> _Instructions to follow_
Among the records below, find the line that has "m.channel_id === channel"; from there, give the lines again exactly, and stop after the line that has "throw_if (not (is_live_session".

Recorded data
# # #

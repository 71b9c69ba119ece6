-- ===== src/Store/Memberships.antt =====
-- The membership operations of RoomsRepository in roomsd/src/storage/repository.ts.
use wardroom.Base.{
  ℕ, String, Bool, ◌&&◌, ◌==◌, leb, Option, none, some, List, [], ◌∷◌, map, not, if◌then◌else◌,
  ◌===◌, any, select, update_where,
}
use wardroom.Contracts.{
  SessionRole, planner, worker, Session, Membership, membership_joined, membership_left,
  session_role_updated, MutationReceipt, channel_not_found, session_not_found, not_member,
  unknown_session, constraint,
}
use wardroom.Store.{
  Database, M, ◌>>=◌, ◌>>◌, require, throw_if, get, put, Times, current_session, active_row,
  active_of, holds_role_beside, append_change, unchanged,
}
use wardroom.Store.Sessions.{is_live_session, is_open_channel, session_role}

abbrev pub new_membership : String → String → ℕ → Option SessionRole → Membership
new_membership channel session at role = record {
  channel_id = channel;
  session_id = session;
  joined_at = at;
  left_at = none;
  session_ended_at = none;
  role = role;
}

-- `PRIMARY KEY(channel_id, session_id, joined_at)`
abbrev pub key_taken : String → String → ℕ → Membership → Bool
key_taken channel session at m =
    m.channel_id === channel && m.session_id === session && m.joined_at == at

add_membership : Database → String → String → Option SessionRole → Times → M MutationReceipt
add_membership db channel session role t = do
  throw_if (any (key_taken channel session t.at) db.memberships) constraint
  put (record db { memberships = new_membership channel session t.at role ∷ db.memberships })
  append_change (membership_joined channel session t.at role) (some channel) t.noted

unfoldable pub insert_membership : String → String → Option SessionRole → Times → M MutationReceipt
unfolding add_membership
insert_membership channel session role t = do
  db ← get
  throw_if (not (is_open_channel db channel)) channel_not_found
  throw_if (not (is_live_session db session)) session_not_found
  if any (active_row channel session) db.memberships
      then unchanged
      else add_membership db channel session role t

-- `ORDER BY joined_at DESC LIMIT 1` over the rows that pass a test.
pub later : Membership → Option Membership → Membership
later m none = m
later m (some n) = if leb n.joined_at m.joined_at then m else n

unfoldable pub newest : (Membership → Bool) → List Membership → Option Membership
unfolding later
newest p [] = none
newest p (m ∷ ms) = if p m then some (later m (newest p ms)) else newest p ms

abbrev pub leave_row : ℕ → Membership → Membership
leave_row at m = record m { left_at = some at }

unfoldable pub leave_membership : String → String → Times → M MutationReceipt
leave_membership channel session t = do
  db ← get
  joined ← require (newest (active_row channel session) db.memberships) not_member
  put (record db {
    memberships =
        update_where (key_taken channel session joined.joined_at) (leave_row t.at) db.memberships;
  })
  append_change (membership_left channel session t.at joined.role) (some channel) t.noted

abbrev pub take_role : SessionRole → Session → Session
take_role role s = record s { role = some role }

abbrev pub take_member_role : SessionRole → Membership → Membership
take_member_role role m = record m { role = some role }

-- One pair of updates: the session's role, and that of its active memberships.
abbrev pub assign_role : String → SessionRole → Database → Database
assign_role session role db = record db {
  sessions = update_where (λ (s : Session). s.id === session) (take_role role) db.sessions;
  memberships = update_where (active_of session) (take_member_role role) db.memberships;
}

unfoldable pub demote_all : List String → Database → Database
demote_all [] db = db
demote_all (id ∷ ids) db = demote_all ids (assign_role id worker db)

unfoldable pub replaced_planners : Database → String → String → SessionRole → List String
replaced_planners db channel session planner =
    map (λ (m : Membership). m.session_id)
      (select (holds_role_beside channel planner session) db.memberships)
replaced_planners db channel session _ = []

unfoldable pub update_session_role : String → String → SessionRole → Times → M MutationReceipt
update_session_role channel session role t = do
  db ← get
  before ← require (session_role (current_session db session)) unknown_session
  let replaced = replaced_planners db channel session role
  put (assign_role session role (demote_all replaced db))
  append_change (session_role_updated channel session (some before) role replaced) (some channel)
      t.noted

# # #

> _Problem solution_
    m.channel_id === channel && m.session_id === session && m.joined_at == at

add_membership : Database → String → String → Option SessionRole → Times → M MutationReceipt
add_membership db channel session role t = do
  throw_if (any (key_taken channel session t.at) db.memberships) constraint
  put (record db { memberships = new_membership channel session t.at role ∷ db.memberships })
  append_change (membership_joined channel session t.at role) (some channel) t.noted

unfoldable pub insert_membership : String → String → Option SessionRole → Times → M MutationReceipt
unfolding add_membership
insert_membership channel session role t = do
  db ← get
  throw_if (not (is_open_channel db channel)) channel_not_found
  throw_if (not (is_live_session db session)) session_not_found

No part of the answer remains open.